Outros estudos realizados permitiram também evidenciar o papel de alguns moderadores importantes para as diferenças de género na auto-eficácia, tais como o a saliência de carreira, o grau de estereotipia da profissão e a adesão a estereótipos de género. De facto, foi demonstrada a mediação da importância concedida à carreira por parte das mulheres: as mulheres para quem a carreira desempenha um papel mais saliente,

mais facilmente prosseguem carreiras que não são tradicionalmente femininas (Layton, 1984 in Hackett, 1995; Hackett & Betz, 1995). As diferenças de género nas crenças de auto-efícácia parecem aumentar na presença de tarefas, actividades ou carreiras que são estereotipadamente associadas ao género (ex. Matsui, Ikeda, e Ohnishi, 1989). Foram também encontradas relações entre a auto-eficácia ocupacional e as atitudes tradicionais ou liberais acerca dos papéis que homens e mulheres devem desempenhar na sociedade: enquanto que as atitudes tradicionais enfraquecem as expectativas de auto-eficácia das mulheres para perseguir carreiras não tradicionais, as atitudes liberais e a existência de modelos ocupacionais do mesmo sexo fortalecem-nas (Rotberg, Brown, & Ware, 1987 in Hackett, 1995; Hackett & Betz, 1995).

Os efeitos do nível socioeconómico e da etnia foi também adicionado ao estudo das diferenças de género na auto-eficácia ocupacional e nos interesses.

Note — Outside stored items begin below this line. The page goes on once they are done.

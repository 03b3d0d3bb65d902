-- ===== src/LogFlash/Format.antt =====
-- port/stm32l4s5/b_l4s5i_log_flash.c: the format of a slot, the checksum, and the sequence numbers.
use anbo_mos.Common.{
  ℕ, ◌+◌, ◌-◌, ◌*◌, ◌/◌, ◌%◌, ◌^◌, bit_and, Bool, not, ◌&&◌, List, [], ◌∷◌, ◌++◌, ◌==◌, leb,
  if◌then◌else◌, length, get_or, take, replicate, add32, sub32, gt_signed,
}
use Prim.Native.Nat.{bit_xor}
use anbo_mos.Output.{log_line_max}

abbrev pub slot_size : ℕ
slot_size = log_line_max

abbrev pub crc_offset : ℕ
crc_offset = slot_size - 4

abbrev pub seq_empty : ℕ
seq_empty = 2 ^ 32 - 1

abbrev pub text_offset : ℕ
text_offset = 4

abbrev pub text_capacity : ℕ
text_capacity = crc_offset - text_offset

abbrev pub crc32_lut : List ℕ
crc32_lut =
    0 ∷ 498536548 ∷ 997073096 ∷ 651767980 ∷ 1994146192 ∷ 1802195444 ∷ 1303535960 ∷ 1342533948
    ∷ 3988292384 ∷ 4027552580 ∷ 3604390888 ∷ 3412177804 ∷ 2607071920 ∷ 2262029012 ∷ 2685067896
    ∷ 3183342108 ∷ []

-- One line of the loop of `crc32_calc`, with `nibble` or'd into the index.
unfoldable pub crc32_nibble : (crc nibble : ℕ) → ℕ
crc32_nibble crc nibble =
    bit_xor (get_or crc32_lut (bit_and (bit_xor crc nibble) 15) 0) (crc / 2 ^ 4)

unfoldable pub crc32_loop : List ℕ → ℕ → ℕ
unfolding crc32_nibble
crc32_loop [] crc = crc
crc32_loop (p ∷ rest) crc = crc32_loop rest (crc32_nibble (crc32_nibble crc p) (p / 2 ^ 4))

unfoldable pub crc32_calc : List ℕ → ℕ
unfolding crc32_loop
crc32_calc bytes = bit_xor (crc32_loop bytes (2 ^ 32 - 1)) (2 ^ 32 - 1)

-- A word in four bytes, the lowest first, and back.
unfoldable pub word_bytes : ℕ → List ℕ
word_bytes w = (w % 2 ^ 8) ∷ (w / 2 ^ 8 % 2 ^ 8) ∷ (w / 2 ^ 16 % 2 ^ 8) ∷ (w / 2 ^ 24 % 2 ^ 8) ∷ []

unfoldable pub word_at : List ℕ → ℕ → ℕ
word_at bytes i =
    get_or bytes i 0
    + get_or bytes (i + 1) 0 * 2 ^ 8
    + get_or bytes (i + 2) 0 * 2 ^ 16
    + get_or bytes (i + 3) 0 * 2 ^ 24

unfoldable pub seq_after : (a b : ℕ) → Bool
seq_after a b = gt_signed (sub32 a b) 0

unfoldable pub seq_next : ℕ → ℕ
seq_next s = let n = add32 s 1 in if n == seq_empty then 0 else n

-- The tests of `slot_read_valid` on the slot read.
unfoldable pub slot_ok : List ℕ → Bool
unfolding crc32_calc word_at
slot_ok buf =
    not (word_at buf 0 == seq_empty) && word_at buf crc_offset == crc32_calc (take crc_offset buf)

-- What `BSP_LogFlash_Write` puts together in `slot_buf`.
unfoldable pub slot_body : (seq : ℕ) → List ℕ → List ℕ
unfolding word_bytes
slot_body seq text = word_bytes seq ++ (text ++ replicate (text_capacity - length text) 0)

unfoldable pub build_slot : (seq : ℕ) → List ℕ → List ℕ
unfolding slot_body crc32_calc
build_slot seq text = slot_body seq text ++ word_bytes (crc32_calc (slot_body seq text))

-- The line without its end, and no longer than the text of a slot.
unfoldable pub strip : List ℕ → List ℕ
strip bytes =
    let len = length bytes in
    if leb 2 len && (get_or bytes (len - 2) 0 == 13 && get_or bytes (len - 1) 0 == 10)
    then take (len - 2) bytes
    else if leb 1 len && get_or bytes (len - 1) 0 == 10
    then take (len - 1) bytes
    else bytes

-- The text up to its end.
unfoldable pub until_zero : List ℕ → List ℕ
until_zero [] = []
until_zero (b ∷ rest) = let more = until_zero rest in if b == 0 then [] else b ∷ more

Verificou-se que a auto-eficácia ocupacional (contrariamente ao género, etnia e nível socioeconómico) permitia predizer o conjunto de ocupações consideradas e que existia uma correlação entre a auto-eficácia ocupacional e os interesses (Rotberg, Brown & Ware, 1987 in Hackett, 1995; Hackett & Betz, 1995).

Estes são alguns exemplos de estudos que, mesmo incluindo modificações mais ou menos significativas dos instrumentos de medida e/ou realizados noutras culturas, têm conduzido a resultados sensivelmente semelhantes aos originalmente encontrados por Betz & Hackett (1981). As principais conclusões destes estudos podem ser resumidas da seguinte forma: a auto-eficácia ocupacional é preditiva dos interesses de carreira e da consideração de opções ocupacionais; as diferenças de género na auto-eficácia ocupacional são comuns a muitas das amostras de estudantes universitários; as diferenças de género são manifestadas, quer a um nível geral, quer a um nível específico das ocupações (tarefas e

actividades laborais); e as diferenças de género não são usualmente encontradas em amostras mais seleccionadas ou homogéneas (Hackett, 1995; Hackett & Betz, 1995).